Lolagha, ikwisa na mafunde; kila liso likumwagha, palikimo navooni vano valyamomile. Nifisina fyoni ifya mu iisi vilipelepesia kwa mwene. Ena, Ameni.
8 Ik ben de Alfa en de Omega, het Begin en het Einde, zegt de Heere, Die is, en Die was, en Die komen zal, de Almachtige.
“U ne nene Alfa kange Omega,” fye ijova u Mutwa u Nguluve, “Umwene juno kwale, najuno kwalyale, nujuno ikwisa, umunyangufu.”
9 Ik, Johannes, die ook uw broeder ben, en medegenoot in de verdrukking, en in het Koninkrijk, en in de lijdzaamheid van Jezus Christus, was op het eiland, genaamd Patmos, om het Woord Gods, en om de getuigenis van Jezus Christus.
Une, Yohana - nenyalukolo ghwinu nejuno nihasing'ana numue mu mumuko na muvutua na mulugudo ulupesie luno luli mwa yesu; nilyale mu kiponge kino kitambulua Patimo vwimila vwa lisio lya Nguluve nhu vwolesi vwimila u Yesu.
10 En ik was in den geest op den dag des Heeren; en ik hoorde achter mij een grote stem, als van een bazuin,
Nilyale mwa Mhepo ikighono kya Mutwa. Nilya m'pulike kun'sana kulyune ilisio ilivaha ndavule ulukelema,
11 Zeggende: Ik ben de Alfa en de Omega, de Eerste en de Laatste; en hetgeen gij ziet, schrijf dat in een boek, en zend het aan de zeven Gemeenten, die in Azie zijn, namelijk naar Efeze, en naar Smyrna, en naar Pergamus, en naar Thyatire, en naar Sardis, en naar Filadelfia, en naar Laodicea.
jikatisagha, “Lemba mukitabu sino ghukusivona, ughasung'e mu ng'ong'ano lekela lubale, kuluta ku Efeso, kuluta ku Smirna, kuluta ku Pergamo, kuluta ku Thiatira, kuluta ku Sardi, kuluta ku Philadelphia, nakuluta ku Laodikia.”
12 En ik keerde mij om, om te zien de stem, die met mij gesproken had; en mij omgekeerd hebbende, zag ik zeven gouden kandelaren;
Nikasyetuka kulola lisio lyani juno isile kujova nune, nikati nisyetuke nikakyagha ikisonge ikya sahabu nikya tala lekela lubale.

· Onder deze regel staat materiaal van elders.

-- ===== src/Pbft/Tests/Agreement.antt =====
-- A swarm of four peers that all accept a preprepare, and the theorems on the agreement for it.
use bluzelle.Base.{
  ℕ, ◌<◌, ◌≡◌, refl, Bool, true, false, List, [], ◌∷◌, none, some, length, inl, arith,
}
use mathlib.Core.List.{Memᴰ}
use bluzelle.Bytes.{Bytes, bytes, bytes_lt, bytes_eq}
use bluzelle.Bytes.Order.{bytes_ordered}
use bluzelle.Map.{insert, lookup}
use bluzelle.Sets
use bluzelle.Pbft.Quorum.{honest_majority_size, honest_member_size, faulty_nodes_bound}
use bluzelle.Pbft.Operation.{
  Payload, Envelope, MsgType, Operation, Stage, construct, record_request, record_pbft_msg,
  advance_operation_stage, is_ready_for_commit, is_ready_for_execute, is_prepared,
}
use bluzelle.Pbft.Manager.{OperationKey, operation_key_ordered, find_or_construct, update_operation}
use bluzelle.Pbft.Messages.{WireMessage, PbftMsg, broadcast, empty_msg, Surroundings}
use bluzelle.Pbft.Core.{
  Node, is_admitted, preliminary_filter_msg, is_peer, handle_preprepare, accept, do_preprepared,
  do_prepared, handle_prepare, maybe_advance_operation_state, maybe_record_request,
}
use bluzelle.Pbft.Handlers.{handle_message}
use bluzelle.Pbft.Clients.{new_node}
use bluzelle.Pbft.Agreement.{Moment, at, Reached, started, received, VotedFor, votes_agree}
use bluzelle.Pbft.Agreement.Safety.{in_swarm, number_of, prepared_agree, commits_agree}

abbrev pub envelope : Bytes → Payload → Envelope
envelope sender payload = record {
  sender = sender;
  payload = payload;
  signature = [];
  timestamp = 0;
}

abbrev pub ctx : Surroundings ℕ ℕ
ctx = record {
  no_db = 0;
  no_config = 0;
  parse_db = λ t. (length t, true);
  parse_config = λ t. (length t, true);
  parse_pbft = λ e. none;
  parse_checkpoint = λ e. none;
  parse_membership = λ e. none;
  parse_response = λ e. none;
  parse_error = λ e. none;
  null_request = envelope [] (Payload.database_msg []);
  hash = λ e. bytes "hash";
  verify = λ e. true;
  sign = λ m. envelope (bytes "a") (Payload.pbft []);
  peer_message_signing = true;
  admission_window = 20;
  now = 0;
  selected = 0;
  service_state = λ i. none;
  peers = [];
  ordered_peers = [];
}

abbrev pub peers : List Bytes
peers = bytes "a" ∷ bytes "b" ∷ bytes "c" ∷ bytes "d" ∷ []

abbrev noon : Moment
noon = record {
  now = 5000000;
  selected = 0;
  service_state = λ i. none;
  peers = peers;
  ordered_peers = peers;
}

abbrev preprepare : PbftMsg
preprepare = record empty_msg {
  type = MsgType.preprepare;
  view = 1;
  sequence = 5;
  request_hash = bytes "hash";
}

abbrev from_primary : WireMessage
from_primary = record {
  envelope = envelope (bytes "b") (Payload.pbft []);
  piggybacked_requests = envelope (bytes "client") (Payload.database_msg (bytes "create")) ∷ [];
}

abbrev prepare : PbftMsg
prepare = record preprepare { type = MsgType.prepare }

abbrev prepare_of : Bytes → WireMessage
prepare_of p = record { envelope = envelope p (Payload.pbft []); piggybacked_requests = [] }

-- What comes to a node: the preprepare of the primary, and the prepares of the peers.
data Arrives : PbftMsg → WireMessage → Type 0 where
  the_preprepare : Arrives preprepare from_primary
  a_prepare : (p : Bytes) → Arrives prepare (prepare_of p)

-- A node that got the preprepare and then the prepares of three peers.
abbrev get_prepare : Bytes → Node ℕ ℕ → Node ℕ ℕ
get_prepare p n = handle_message (at ctx noon) prepare (prepare_of p) n

abbrev node : Bytes → Node ℕ ℕ
node p = get_prepare (bytes "c") (
    get_prepare (bytes "b") (
      get_prepare (bytes "a")
        (handle_message (at ctx noon) preprepare from_primary (new_node (at ctx noon) p))))

node-Reached : (p : Bytes) → Reached ctx (in_swarm peers Arrives) (node p)
node-Reached p = received noon prepare (prepare_of (bytes "c")) refl (a_prepare (bytes "c")) (
    received noon prepare (prepare_of (bytes "b")) refl (a_prepare (bytes "b")) (
      received noon prepare (prepare_of (bytes "a")) refl (a_prepare (bytes "a"))
        (received noon preprepare from_primary refl the_preprepare (started noon p))))

abbrev key : OperationKey
key = (1, (5, bytes "hash"))

node-sent : (p : Bytes) → Memᴰ (broadcast prepare []) (node p).sent
unfolding handle_message is_admitted preliminary_filter_msg is_peer handle_preprepare accept
    do_preprepared do_prepared maybe_advance_operation_state maybe_record_request new_node
    find_or_construct update_operation construct record_request record_pbft_msg
    advance_operation_stage is_ready_for_commit is_ready_for_execute is_prepared handle_prepare
    Sets.member Sets.insert lookup insert bytes_lt bytes_eq honest_majority_size faulty_nodes_bound
    bluzelle.Policy.sub64
node-sent p = Memᴰ.head refl

node-VotedFor : (p : Bytes) → VotedFor ctx (node p) key
node-VotedFor p = record {
  msg = prepare;
  requests = [];
  sent = node-sent p;
  vote = inl refl;
  key = refl;
}

votes_agree_example : key ≡ key
votes_agree_example =
    votes_agree ctx key key (node-Reached (bytes "a")) (node-VotedFor (bytes "a"))
      (node-VotedFor (bytes "a")) refl refl

abbrev request : Envelope
request = envelope (bytes "client") (Payload.database_msg (bytes "create"))

abbrev operation : Operation ℕ ℕ
operation = record (construct 0 0 1 5 (bytes "hash")) {
  stage = Stage.commit;
  preprepare_message = some from_primary.envelope;
  prepares_seen = bytes "a" ∷ bytes "b" ∷ bytes "c" ∷ [];
  prepare_messages =
      (bytes "a", (prepare_of (bytes "a")).envelope)
      ∷ (bytes "b", (prepare_of (bytes "b")).envelope)
      ∷ (bytes "c", (prepare_of (bytes "c")).envelope)
      ∷ [];
  parsed_db = 6;
  request = some request;
}

node-holds : (p : Bytes) → lookup key (node p).operations ≡ some operation
unfolding handle_message is_admitted preliminary_filter_msg is_peer handle_preprepare accept
    do_preprepared do_prepared maybe_advance_operation_state maybe_record_request new_node
    find_or_construct update_operation construct record_request record_pbft_msg
    advance_operation_stage is_ready_for_commit is_ready_for_execute is_prepared handle_prepare
    Sets.member Sets.insert lookup insert bytes_lt bytes_eq honest_majority_size faulty_nodes_bound
    bluzelle.Policy.sub64
node-holds p = refl

operation-prepared : is_prepared operation ≡ true
unfolding is_prepared construct
operation-prepared = refl

abbrev nobody : Bytes → Bool
nobody p = false

authentic :
    (p q : Bytes) (msg : PbftMsg) (m : WireMessage)
    → nobody p ≡ false
    → nobody q ≡ false
    → Arrives msg m
    → msg.type ≡ MsgType.prepare
    → m.envelope.sender ≡ p
    → (requests : List Envelope) × Memᴰ (broadcast msg requests) (node p).sent
authentic p q msg m f g the_preprepare t s = absurd (cc t)
authentic p q msg m f g (a_prepare x) t s = ([], node-sent p)

few_faulty : number_of {D = ℕ} {C = ℕ} ctx nobody peers < honest_member_size (length peers)
unfolding honest_member_size faulty_nodes_bound bluzelle.Policy.sub64 bluzelle.Bytes.Counts.sum
few_faulty = omega arith

prepared_agree_example : operation.request_hash ≡ operation.request_hash
prepared_agree_example =
    prepared_agree ctx peers nobody node (λ p. Arrives) refl (omega arith) few_faulty
      (λ p f. node-Reached p) authentic (bytes "a") (bytes "d") key key operation operation refl
      refl (node-holds (bytes "a")) (node-holds (bytes "d")) operation-prepared operation-prepared
      refl refl

abbrev commit : PbftMsg
commit = record preprepare { type = MsgType.commit }

node-committed : (p : Bytes) → Memᴰ (broadcast commit []) (node p).sent
unfolding handle_message is_admitted preliminary_filter_msg is_peer handle_preprepare accept
    do_preprepared do_prepared maybe_advance_operation_state maybe_record_request new_node
    find_or_construct update_operation construct record_request record_pbft_msg
    advance_operation_stage is_ready_for_commit is_ready_for_execute is_prepared handle_prepare
    Sets.member Sets.insert lookup insert bytes_lt bytes_eq honest_majority_size faulty_nodes_bound
    bluzelle.Policy.sub64
node-committed p = Memᴰ.tail (Memᴰ.head refl)

commits_agree_example : commit.request_hash ≡ commit.request_hash
commits_agree_example =
    commits_agree ctx peers nobody node (λ p. Arrives) refl (omega arith) few_faulty
      (λ p f. node-Reached p) authentic (bytes "a") (bytes "d") commit commit [] [] refl refl
      (node-committed (bytes "a")) (node-committed (bytes "d")) refl refl refl refl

13 En in het midden van de zeven kandelaren Een, den Zoon des mensen gelijk zijnde, bekleed met een lang kleed tot de voeten, en omgord aan de borsten met een gouden gordel;
Pakate na kati pa kisonge ikya tala pe alyale jumo umwana ghwa Adamu, afwalile isopeka inali jinojilya dughile musajo sa mwene, nu nkanda ghwa sahabu kusunguta ikifuva kyamwene.
14 En Zijn hoofd en haar was wit, gelijk als witte wol, gelijk sneeuw; en Zijn ogen gelijk een vlam vuurs;
Umutu ghwamwene ni linyele lya mwene lilyale livalafu hwene hamba imbalafu hwene vutine vwa ng'ala, nagha maso gha mwene ghalyale ghimulika hwene lulapi lwa mwoto.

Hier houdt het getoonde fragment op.